[Items listed in a dataset]
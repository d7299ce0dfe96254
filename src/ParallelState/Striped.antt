-- ===== src/ParallelState/Striped.antt =====
-- Groups that stripe blocks of consecutive ranks: which ranks are in a group.
use megatron_lm.Samplers.Sequential.Partition.{euclid}
use native.Mathlib.Nat.{
  suc-mul, mul-le-mul_right, mod-lt, div-add-mod', lt_of_mul-lt-mul_right, zero-mul,
  add-mul-div_right, div-eq_of_lt,
}
use megatron_lm.Prelude.{
  ◌≤◌, ℕ, zero, suc, ◌+◌, ◌-◌, ◌*◌, ◌/◌, ◌%◌, ◌<◌, ◌≡◌, refl, ap, ◌∙◌, true, List, Bool-cases, inl,
  inr, arith, ==→eq, eq→==, ◌==◌,
}
use megatron_lm.Bucket.{contains}
use megatron_lm.ParallelState.{strided, range_step}

-- A member of a stride is a number of steps away from its start.
pub contains-strided :
    (x a step n : ℕ) → contains x (strided a step n) ≡ true → (k : ℕ) × (k < n) × (x ≡ a + k * step)
unfolding contains
contains-strided x a step zero h = cc
contains-strided x a step (suc n) h = elim (Bool-cases (x == a)) [
  | inl same ↦ (zero, omega arith, omega (arith, ==→eq x a same, zero-mul step))
  | inr other ↦
      let (k, low, e) = contains-strided x (a + step) step n (rw other at h) in
      (suc k, omega arith, omega (arith, suc-mul k step))
]

pub strided-contains :
    (x a step n k : ℕ) → k < n → x ≡ a + k * step → contains x (strided a step n) ≡ true
unfolding contains
strided-contains x a step zero k low e = absurd (omega arith)
strided-contains x a step (suc n) zero low e = rw (eq→== x a (omega (arith, zero-mul step))) refl
strided-contains x a step (suc n) (suc k) low e = elim (Bool-cases (x == a)) [
  | inl same ↦ rw same refl
  | inr other ↦
      rw other
        (strided-contains x (a + step) step n k (omega arith) (omega (arith, suc-mul k step)))
]

add-one : (i b : ℕ) → (i + 1) * b ≡ suc i * b
add-one i b = ap (λ i. i * b) (omega arith)

pub wide : (q step : ℕ) → 0 < q → step ≤ q * step
wide zero step h = absurd (omega arith)
wide (suc q) step h = omega (arith, suc-mul q step)

-- The number of ranks in a stripe.
stripe_length :
    (i j q step : ℕ)
    → 0 < q
    → j < step
    → ((i + 1) * (q * step) - (i * (q * step) + j) + (step - 1)) / step ≡ q
stripe_length i j q step pos low =
    let shift : (i + 1) * (q * step) - (i * (q * step) + j) + (step - 1)
        ≡ (step - 1 - j) + q * step =
      omega (arith, suc-mul i (q * step), add-one i (q * step), wide q step pos) in
    ap (λ x. x / step) shift
    ∙ add-mul-div_right (step - 1 - j) q (omega arith)
    ∙ ap (λ x. x + q) (div-eq_of_lt (omega arith))
    ∙ omega arith

-- The stripe of a rank.
abbrev pub stripe_of : ℕ → ℕ → ℕ → List ℕ
stripe_of block step r =
    range_step (r / block * block + r % block % step) ((r / block + 1) * block) step

-- A rank is in a stripe exactly if it is its own.
pub contains-stripe :
    (i j q step r : ℕ)
    → 0 < q
    → j < step
    → contains r (range_step (i * (q * step) + j) ((i + 1) * (q * step)) step) ≡ true
    → (i ≡ r / (q * step)) × (j ≡ r % (q * step) % step)
contains-stripe i j q step r pos low h =
    let (k, short, e) = contains-strided r (i * (q * step) + j) step _ h in
    let short' : k < q = omega (arith, stripe_length i j q step pos low) in
    let inner = mul-le-mul_right step short' in
    let (same_i, same_x) =
      euclid (q * step) i (r / (q * step)) (j + k * step) (r % (q * step))
        (omega (arith, inner, suc-mul k step)) (mod-lt r (omega (arith, wide q step pos)))
        (omega (arith, div-add-mod' r (q * step))) in
    let (_, same_j) =
      euclid step k (r % (q * step) / step) j (r % (q * step) % step) low
        (mod-lt (r % (q * step)) (omega arith))
        (omega (arith, div-add-mod' (r % (q * step)) step)) in
    (same_i, same_j)

pub stripe_of-contains :
    (q step r : ℕ) → 0 < q → 0 < step → contains r (stripe_of (q * step) step r) ≡ true
stripe_of-contains q step r pos_q pos =
    let x = r % (q * step) in
    let inside = mod-lt r {m = q * step} (omega (arith, wide q step pos_q)) in
    let low = mod-lt x {m = step} pos in
    let k_low : x / step < q = lt_of_mul-lt-mul_right step (omega (arith, div-add-mod' x step)) in
    strided-contains r (r / (q * step) * (q * step) + x % step) step _ (x / step)
      (omega (arith, stripe_length (r / (q * step)) (x % step) q step pos_q low))
      (omega (arith, div-add-mod' x step, div-add-mod' r (q * step)))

* _Exercise aim_
Count each line above where the word "absurd" appears, and answer with nothing except that count.

* _Solved problem_
2